# Hi.



## Grunch




----------



## brp

haha.
So, Sup?

Sweet avatar.
Were you b& for 6 months or something?


----------



## SmokeyDopey

Welcome back, sir


----------



## Grunch

Before we engage in small talk, I can't remember if we were "enemies" or not. So state your case.


----------



## SmokeyDopey




----------



## Grunch

Wait, who is who?


----------



## brp

Grunch said:


> Before we engage in small talk, I can't remember if we were "enemies" or not. .



no.

How ya been?
How's that sweet 900 treatin ya?


----------



## Grunch

brp said:


> no.
> 
> How ya been?
> How's that sweet 900 treatin ya?



I've been great, thanks. The 900 is great too, although I've got my eye on a DSL100H


----------



## Quasar-Kid

While you were away: I defended your honor 


 but you're still an A-hole


----------



## Grunch

Quasar-Kid said:


> While you were away: I defended your honor



I'm gonna need to see some proof before I allow you into the circle of trust.


----------



## brp

Grunch said:


> I've been great, thanks. The 900 is great too, although I've got my eye on a DSL100H



The new one just released or an old one?

The 900 is Voodoo modded IIRC yes?


----------



## Grunch

brp said:


> The new one just released or an old one?


I like the new one. The "resonance" knob is great. Much better than the dumb deep button on the older DSL's. But the old ones can be had for 500 bucks. Is that resonance knob worth 300 bucks extra? I haven't decided yet.



> The 900 is Voodoo modded IIRC yes?



Yup. Sounds great.


----------



## bvoris

WB Grunch.


----------



## Quasar-Kid

bvoris said:


> WB Grunch.




Speaking of A-holes 
Look who showed up to this thread.... 

(everybody look busy)


----------



## Holme




----------



## Micky




----------



## diesect20022000

Grunch said:


> Before we engage in small talk, I can't remember if we were "enemies" or not. So state your case.


 of course we're all enemies here

how's it going man?


----------



## Grunch

Hello guys. Before I get banned again, I hope you all have a merry christmas.


----------



## Holme

Grunch said:


> Hello guys. Before I get banned again, I hope you all have a merry christmas.



Better idea,keep cool & don't get banned!


----------



## diesect20022000

Grunch said:


> Hello guys. Before I get banned again, I hope you all have a merry christmas.


 back at ya homey


----------



## Grunch

Holme said:


> Better idea,keep cool & don't get banned!



I was cool before. Supposedly, if you believe the bosses in here, it was having multiple accounts that got me banned......for 6 months. It had nothing to do with the swollen butthurt from the "grownups" in here crying to have me banned because I hurt their feelings with truth and honesty.
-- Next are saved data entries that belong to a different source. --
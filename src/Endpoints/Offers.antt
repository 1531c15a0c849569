-- ===== src/Endpoints/Offers.antt =====
-- `/price/cheapest`: the intervals that an answer may use, and when there is none.
use spot_price.Prelude.{
  ok, err, Bool, true, false, Option, none, some, List, [], ◌∷◌, ◌≡◌, ◌↔◌, inl, inr, refl, arith,
  All, Exists, All-map, All-filter, All-take, All-drop, All-self, filter-filter, filter-eq-nil_iff,
  drop, filter, ◌&&◌, unwrap_or, Bool-cases,
}
use spot_price.Prelude.Int.{◌≤ℤ◌}
use spot_price.Float.{Double, ◌≼◌, IsOrdered}
use spot_price.Jiff.{Instant, IsInstant, Zoned}
use spot_price.Time.{truncate_to_millisecond}
use spot_price.Settings.{UserSettings}
use spot_price.Query.{CheapestQuery}
use spot_price.Price.{
  PriceInterval, TotalPrice, PriceWindow, total_of, calculate_total_price, calculate_total_prices,
  find_cheapest_window,
}
use spot_price.Price.Cheapest.{find_cheapest_window_lem}
use spot_price.Endpoints.{
  ends_by, cheapest_candidates, no_price_data, retain_max, answer_for, cheapest_window,
}

module _ {T F : Type 0} ⦃i : Instant T⦄ ⦃d : Double F⦄ where
  open i use {as_nanosecond as ns, le}

  -- The interval ends at or before the end of the query, if it has one.
  abbrev pub EndsBy : Option T → PriceInterval T F → Type 0
  EndsBy none price = Unit
  EndsBy (some end) price = ns price.period.end ≤ℤ ns end

  -- The total is at or below the highest price, if there is one.
  abbrev pub AtMost : Option F → TotalPrice T F → Type 0
  AtMost none total = Unit
  AtMost (some limit) total = total_of total ≼ limit

  -- A stored interval in the range of the query, from `now` on where the query has no start.
  abbrev pub InRange : CheapestQuery T F → T → PriceInterval T F → Type 0
  InRange query now price =
      (ns (unwrap_or query.start_time (truncate_to_millisecond now)) ≤ℤ ns price.period.start)
      × EndsBy query.end_time price

  module _ {Z : Type 0} ⦃z : Zoned T Z⦄ where
    -- The total of a stored interval in the range, at or below the highest price.
    pub record IsOffered (prices : List (PriceInterval T F)) (s : UserSettings F Z)
        (query : CheapestQuery T F) (now : T) (total : TotalPrice T F) : Type 0 where
      pub price : PriceInterval T F
      pub stored : Exists (λ p. p ≡ price) prices
      pub in_range : InRange query now price
      pub total_eq : total ≡ calculate_total_price price s
      pub allowed : AtMost query.max_price total

    module _ (laws : IsInstant T) (prices : List (PriceInterval T F)) (s : UserSettings F Z) where
      ends_by_iff : (end : Option T) (p : PriceInterval T F) → (ends_by end p ≡ true) ↔ EndsBy end p
      ends_by_iff none p = (λ h. tt, λ h. refl)
      ends_by_iff (some end) p = ground (arith, laws.le-eq p.period.end end)

      IsCandidate : CheapestQuery T F → T → PriceInterval T F → Type 0
      IsCandidate query now p = Exists (λ q. q ≡ p) prices × InRange query now p

      cheapest_candidates-IsCandidate :
          (query : CheapestQuery T F) (now : T)
          → All
              (IsCandidate query now)
              (cheapest_candidates prices now query.start_time query.end_time)
      unfolding cheapest_candidates IsCandidate
      cheapest_candidates-IsCandidate query now =
          let from = unwrap_or query.start_time (truncate_to_millisecond now) in
          let late = filter (λ p. le from p.period.start) prices in
          let started : All (λ p. Exists (λ q. q ≡ p) prices × (ns from ≤ℤ ns p.period.start))
              late =
            All-filter (λ p. le from p.period.start) prices
              (λ p e h. (e, ground (arith, laws.le-eq from p.period.start))) (All-self prices) in
          All-filter (ends_by query.end_time) late
            (λ p e h. (e.0, (e.1, (ends_by_iff query.end_time p).0 h))) started

      IsPriced : CheapestQuery T F → T → TotalPrice T F → Type 0
      IsPriced query now total =
          (p : PriceInterval T F) × IsCandidate query now p × (total ≡ calculate_total_price p s)

      calculate_total_prices-IsPriced :
          (query : CheapestQuery T F) (now : T) (candidates : List (PriceInterval T F))
          → All (IsCandidate query now) candidates
          → All (IsPriced query now) (calculate_total_prices candidates s)
      unfolding calculate_total_prices IsPriced
      calculate_total_prices-IsPriced query now [] h = tt
      calculate_total_prices-IsPriced query now (p ∷ ps) h =
          ((p, h.0, refl), calculate_total_prices-IsPriced query now ps h.1)

      retain_max-AtMost :
          (query : CheapestQuery T F) (now : T) (limit : Option F) (totals : List (TotalPrice T F))
          → All (IsPriced query now) totals
          → All (λ t. IsPriced query now t × AtMost limit t) (retain_max limit totals)
      retain_max-AtMost query now none totals h = All-map totals (λ t p. (p, tt)) h
      retain_max-AtMost query now (some limit) totals h =
          All-filter (λ t. d.le (total_of t) limit) totals (λ t p e. (p, e)) h

      retain_max-IsOffered :
          (query : CheapestQuery T F) (now : T) (totals : List (TotalPrice T F))
          → All (IsPriced query now) totals
          → All (IsOffered prices s query now) (retain_max query.max_price totals)
      unfolding IsPriced IsCandidate
      retain_max-IsOffered query now totals h =
          All-map (retain_max query.max_price totals)
            (λ t p. record {
              price = p.0.0;
              stored = p.0.1.0;
              in_range = p.0.1.1;
              total_eq = p.0.2;
              allowed = p.1;
            })
            (retain_max-AtMost query now query.max_price totals h)

      -- Every interval of an answer is offered: it is a stored interval of the requested range, with
      -- the user's total, at or below the highest price of the query.
      pub cheapest_window-IsOffered :
          IsOrdered F
          → (query : CheapestQuery T F) (now : T) (w : PriceWindow T F)
          → cheapest_window prices s query now ≡ ok w
          → All (IsOffered prices s query now) w.prices
      unfolding cheapest_window
      cheapest_window-IsOffered o query now w h =
          go (cheapest_candidates prices now query.start_time query.end_time)
            (cheapest_candidates-IsCandidate query now) h
        where
          go :
              (candidates : List (PriceInterval T F))
              → All (IsCandidate query now) candidates
              → answer_for s query candidates ≡ ok w
              → All (IsOffered prices s query now) w.prices
          go [] a e = absurd (ground arith)
          go (p ∷ ps) a e =
              let totals = calculate_total_prices (p ∷ ps) s in
              let kept = retain_max query.max_price totals in
              let offered =
                retain_max-IsOffered query now totals
                  (calculate_total_prices-IsPriced query now (p ∷ ps) a) in
              let found : find_cheapest_window kept query.duration_minutes ≡ some w =
                ground arith in
              let (from, count, mean, cheapest, same) =
                find_cheapest_window_lem o kept query.duration_minutes w found in
              rw same (All-take _ count (drop from kept) (All-drop _ from kept offered))

      -- the test of the filters
      in_range : CheapestQuery T F → T → PriceInterval T F → Bool
      in_range query now p =
          le (unwrap_or query.start_time (truncate_to_millisecond now)) p.period.start
          && ends_by query.end_time p

      in_range_iff :
          (query : CheapestQuery T F) (now : T) (p : PriceInterval T F)
          → (in_range query now p ≡ false) ↔ (¬ InRange query now p)
      unfolding in_range
      in_range_iff query now p =
          let from = unwrap_or query.start_time (truncate_to_millisecond now) in
          let starts = laws.le-eq from p.period.start in
          let ends = ends_by_iff query.end_time p in
          (
            λ h r. ground (arith, starts, ends),
            λ n. elim (Bool-cases (in_range query now p)) [
              | inl e ↦ absurd (n (ground (arith, starts), ends.0 (ground arith)))
              | inr e ↦ e
            ],
          )

      candidates-nil_iff :
          (query : CheapestQuery T F) (now : T)
          → (cheapest_candidates prices now query.start_time query.end_time ≡ [])
            ↔ All (λ p. ¬ InRange query now p) prices
      unfolding cheapest_candidates in_range
      candidates-nil_iff query now =
          let test = in_range query now in
          rw (filter-filter (ends_by query.end_time)) (
            λ h.
                All-map prices (λ p e. (in_range_iff query now p).0 e)
                  ((filter-eq-nil_iff test prices).0 h),
            λ h.
                (filter-eq-nil_iff test prices).1
                  (All-map prices (λ p n. (in_range_iff query now p).1 n) h),
          )

      answer_for-no_price_data :
          (query : CheapestQuery T F) (candidates : List (PriceInterval T F))
          → (answer_for s query candidates ≡ err no_price_data) ↔ (candidates ≡ [])
      unfolding answer_for
      answer_for-no_price_data query [] = (λ h. refl, λ h. refl)
      answer_for-no_price_data query (p ∷ ps) =
          (λ h. absurd (ground arith), λ h. absurd (ground arith))

      -- `/price/cheapest` answers that there is no price data exactly when no stored interval lies in
      -- the requested range.
      pub cheapest_window_no_price_data :
          (query : CheapestQuery T F) (now : T)
          → (cheapest_window prices s query now ≡ err no_price_data)
            ↔ All (λ p. ¬ InRange query now p) prices
      unfolding cheapest_window
      cheapest_window_no_price_data query now =
          let candidates = cheapest_candidates prices now query.start_time query.end_time in
          let (there, back) = answer_for-no_price_data query candidates in
          let (nil, empty) = candidates-nil_iff query now in
          (λ h. nil (there h), λ h. back (empty h))
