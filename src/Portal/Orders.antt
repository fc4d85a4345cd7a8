-- ===== src/Portal/Orders.antt =====
-- portal_server/orders.go: the orders of customers and how they are taken in. The file of orders is
-- a list; reading and writing it does not fail here. `parse_address` is `net/mail.ParseAddress`, and `id`
-- is what `randomHex` gave.
pub mod Repeat
pub mod Valid
mod Tests
use textile_erp_cloud.Base.{
  ℕ, suc, Bool, true, false, not, ◌&&◌, ◌||◌, Option, none, some, List, [], ◌∷◌, ◌++◌, ltb, leb,
  ◌==◌, if◌then◌else◌, length,
}
use textile_erp_cloud.Base.Int.{ℤ, pos, ltb_ℤ, leb_ℤ, beq_ℤ}
use textile_erp_cloud.Base.Result.{Result, ok, err, ◌>>=◌, ◌>>◌, refuse_if}
use textile_erp_cloud.Base.Text.{
  Text, codes, text_eq, is_empty, trim_space, to_lower, to_upper, equal_fold, byte_len,
}
use textile_erp_cloud.Domain.Duration.{since}

pub data Status : Type 0 where
  pending approved rejected : Status

-- What two orders must share to be one: the company up to case, the rest exactly.
pub record Wish : Type 0 where
  pub company_name : Text
  pub mobile : Text
  pub allow_financial : Bool
  pub allow_operational : Bool
  pub allow_weaving : Bool
  pub employee_count : ℤ
  pub machine_count : ℤ
  pub unit_count : ℤ
  pub is_trial : Bool

pub record Order : Type 0 where
  pub id : Text
  pub wish : Wish
  pub contact_name : Text
  pub email : Text
  pub billing_cycle : Text
  pub notes : Text
  pub status : Status
  pub access_id : ℤ
  pub requester_access_id : ℤ
  pub financial_company_id : ℤ
  pub requested_by : Text
  pub admin_note : Text
  pub created_at : ℤ
  pub updated_at : ℤ

pub record Request : Type 0 where
  pub wish : Wish
  pub contact_name : Text
  pub email : Text
  pub billing_cycle : Text
  pub notes : Text
  pub website : Text
  pub requester_access_id : ℤ
  pub financial_company_id : ℤ
  pub requested_by : Text

pub data OrderError : Type 0 where
  bad_request bad_company bad_contact bad_mobile bad_email no_product : OrderError
  bad_employees bad_units bad_machines long_notes : OrderError

-- The loop of `validPurchaseMobile`: the number of digits, unless a character is refused.
abbrev pub mobile_digits : Bool → Text → Option ℕ
mobile_digits first [] = some 0
mobile_digits first (c ∷ s) =
    let rest = mobile_digits false s in
    if leb b'0' c && leb c b'9'
    then elim rest [ none ↦ none | some n ↦ some (suc n) ]
    else if (c == b'+' && first) || c == b' ' || c == b'-' || c == b'(' || c == b')'
    then rest
    else none

-- `validPurchaseMobile`
unfoldable pub valid_mobile : Text → Bool
valid_mobile value =
    let s = trim_space value in
    not (ltb (byte_len s) 7 || ltb 20 (byte_len s))
    && (elim (mobile_digits true s) [ none ↦ false | some n ↦ leb 7 n ])

abbrev pub trial_wish : Wish → Wish
trial_wish w = record w { allow_financial = true; allow_operational = true; allow_weaving = true }

-- The assignments at the head of `createPurchaseOrder`.
unfoldable pub clean : Request → Request
clean req =
    let trimmed : Wish = record req.wish {
      company_name = trim_space req.wish.company_name;
      mobile = trim_space req.wish.mobile;
    } in
    record req {
      wish = if req.wish.is_trial then trial_wish trimmed else trimmed;
      contact_name = trim_space req.contact_name;
      email = trim_space req.email;
      notes = trim_space req.notes;
      billing_cycle =
          if req.wish.is_trial then codes "trial" else to_lower (trim_space req.billing_cycle);
    }

abbrev pub valid_email : (Text → Option Text) → Text → Bool
valid_email parse_address email = is_empty email || (elim (parse_address email) [
  | none ↦ false
  | some address ↦ equal_fold (trim_space address) email
])

abbrev pub bad_length : ℕ → ℕ → Text → Bool
bad_length low high s = ltb (length s) low || ltb high (length s)

abbrev pub outside : ℤ → ℤ → ℤ → Bool
outside low high n = ltb_ℤ n low || ltb_ℤ high n

-- The tests of `createPurchaseOrder`.
unfoldable pub check_order : (Text → Option Text) → Request → Result OrderError (Unit {0})
check_order parse_address req = do
  refuse_if (not (is_empty (trim_space req.website))) bad_request
  refuse_if (bad_length 2 120 req.wish.company_name) bad_company
  refuse_if (bad_length 2 100 req.contact_name) bad_contact
  refuse_if (not (valid_mobile req.wish.mobile)) bad_mobile
  refuse_if (not (valid_email parse_address req.email)) bad_email
  refuse_if
      (not req.wish.allow_financial && not req.wish.allow_operational && not req.wish.allow_weaving)
      no_product
  refuse_if (outside (pos 1) (pos 5000) req.wish.employee_count) bad_employees
  refuse_if (outside (pos 1) (pos 1000) req.wish.unit_count) bad_units
  refuse_if
      (outside (pos 0) (pos 20000) req.wish.machine_count
        || (req.wish.allow_weaving && ltb_ℤ req.wish.machine_count (pos 1)))
      bad_machines
  refuse_if (ltb 1000 (length req.notes)) long_notes

abbrev pub is_cycle : Text → Bool
is_cycle s = text_eq s (codes "monthly") || text_eq s (codes "annual") || text_eq s (codes "trial")

abbrev pub cycle_of : Text → Text
cycle_of s = if is_cycle s then s else codes "annual"

-- The order of a checked request.
unfoldable pub new_order : ℤ → Text → Request → Order
new_order now id req = record {
  id = codes "TX-" ++ to_upper id;
  wish = req.wish;
  contact_name = req.contact_name;
  email = req.email;
  billing_cycle = cycle_of req.billing_cycle;
  notes = req.notes;
  status = pending;
  access_id = pos 0;
  requester_access_id = req.requester_access_id;
  financial_company_id = req.financial_company_id;
  requested_by = req.requested_by;
  admin_note = [];
  created_at = now;
  updated_at = now;
}

-- `samePurchaseCustomer`
unfoldable pub same_customer : Order → Order → Bool
same_customer a b =
    equal_fold (trim_space a.wish.company_name) (trim_space b.wish.company_name)
    && text_eq (trim_space a.wish.mobile) (trim_space b.wish.mobile)
    && (is_empty (trim_space a.email)
        || is_empty (trim_space b.email)
        || equal_fold (trim_space a.email) (trim_space b.email))

abbrev pub is_pending : Status → Bool
is_pending pending = true
is_pending _ = false

abbrev pub is_approved : Status → Bool
is_approved approved = true
is_approved _ = false

abbrev pub is_owner_of : Order → Order → Bool
is_owner_of item order =
    beq_ℤ order.requester_access_id (pos 0)
    && is_approved item.status
    && ltb_ℤ (pos 0) item.access_id
    && same_customer item order

-- A known customer's access becomes the one that asks.
unfoldable pub adopt : Order → Order → Order
adopt item order =
    if is_owner_of item order
    then record order {
      requester_access_id = item.access_id;
      financial_company_id =
          if beq_ℤ order.financial_company_id (pos 0)
          then item.financial_company_id
          else order.financial_company_id;
    }
    else order

abbrev pub same_bool : Bool → Bool → Bool
same_bool true b = b
same_bool false b = not b

abbrev pub same_wish : Wish → Wish → Bool
same_wish a b =
    equal_fold a.company_name b.company_name
    && text_eq a.mobile b.mobile
    && same_bool a.allow_financial b.allow_financial
    && same_bool a.allow_operational b.allow_operational
    && same_bool a.allow_weaving b.allow_weaving
    && beq_ℤ a.employee_count b.employee_count
    && beq_ℤ a.machine_count b.machine_count
    && beq_ℤ a.unit_count b.unit_count
    && same_bool a.is_trial b.is_trial

abbrev pub ten_minutes : ℤ
ten_minutes = pos 600_000_000_000

-- An order of the last ten minutes that still waits and wishes the same.
abbrev pub is_repeat : ℤ → Order → Order → Bool
is_repeat now item order =
    is_pending item.status
    && leb_ℤ (since now item.created_at) ten_minutes
    && same_wish item.wish order.wish

pub data Scan : Type 0 where
  known : Order → Scan
  fresh : Order → Scan

-- The loop over the stored orders.
abbrev pub scan : ℤ → Order → List Order → Scan
scan now order [] = fresh order
scan now order (item ∷ items) =
    let rest = scan now (adopt item order) items in
    if is_repeat now item (adopt item order) then known item else rest

abbrev pub store : Scan → List Order → Order × List Order
store (known item) items = (item, items)
store (fresh order) items = (order, items ++ (order ∷ []))

-- `createPurchaseOrder`
unfoldable pub create_order :
    (Text → Option Text) → ℤ → Text → Request → List Order → Result OrderError Order × List Order
unfolding clean check_order new_order adopt
create_order parse_address now id raw items = elim (check_order parse_address (clean raw)) [
  | err e ↦ (err e, items)
  | ok _ ↦
      (let (order, items') = store (scan now (new_order now id (clean raw)) items) items in
        (ok order, items'))
]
That's water under the bridge though. I don't even remember who is what or who hated me and who didn't. I'm sure they'll out themselves soon enough though. One already has. 


The reality is....I did have multiple accounts, I don't dispute that, but they never got used, and they only existed because at the time site bugs would keep me from logging in. So I just made a new account. Then that one would freeze, then I made another. I think there were three. No posts were made with the other accounts though. Only as "Grunch".

So there ya go.


----------



## Söulcaster

WB,,,...Grunk


----------



## Grunch

Söulcaster said:


> WB,,,...Grunk



Thanks. So far I've gotten 3 nutriders back on my sack by doing absolutely nothing. It's a Christmas miracle!


----------



## Micky

Only 3?
You pissed off quite a few before the ban.
I would imagine they're still pissed off they didn't get a chance to peel off a piece of you ass before you got the boot.

But not me.

I'm not upset at all.
I just hope all is well with you and that things can be better now.


----------



## Grunch

Micky said:


> Only 3?
> You pissed off quite a few before the ban.
> I would imagine they're still pissed off they didn't get a chance to peel off a piece of you ass before you got the boot.
> 
> But not me.
> 
> I'm not upset at all.
> I just hope all is well with you and that things can be better now.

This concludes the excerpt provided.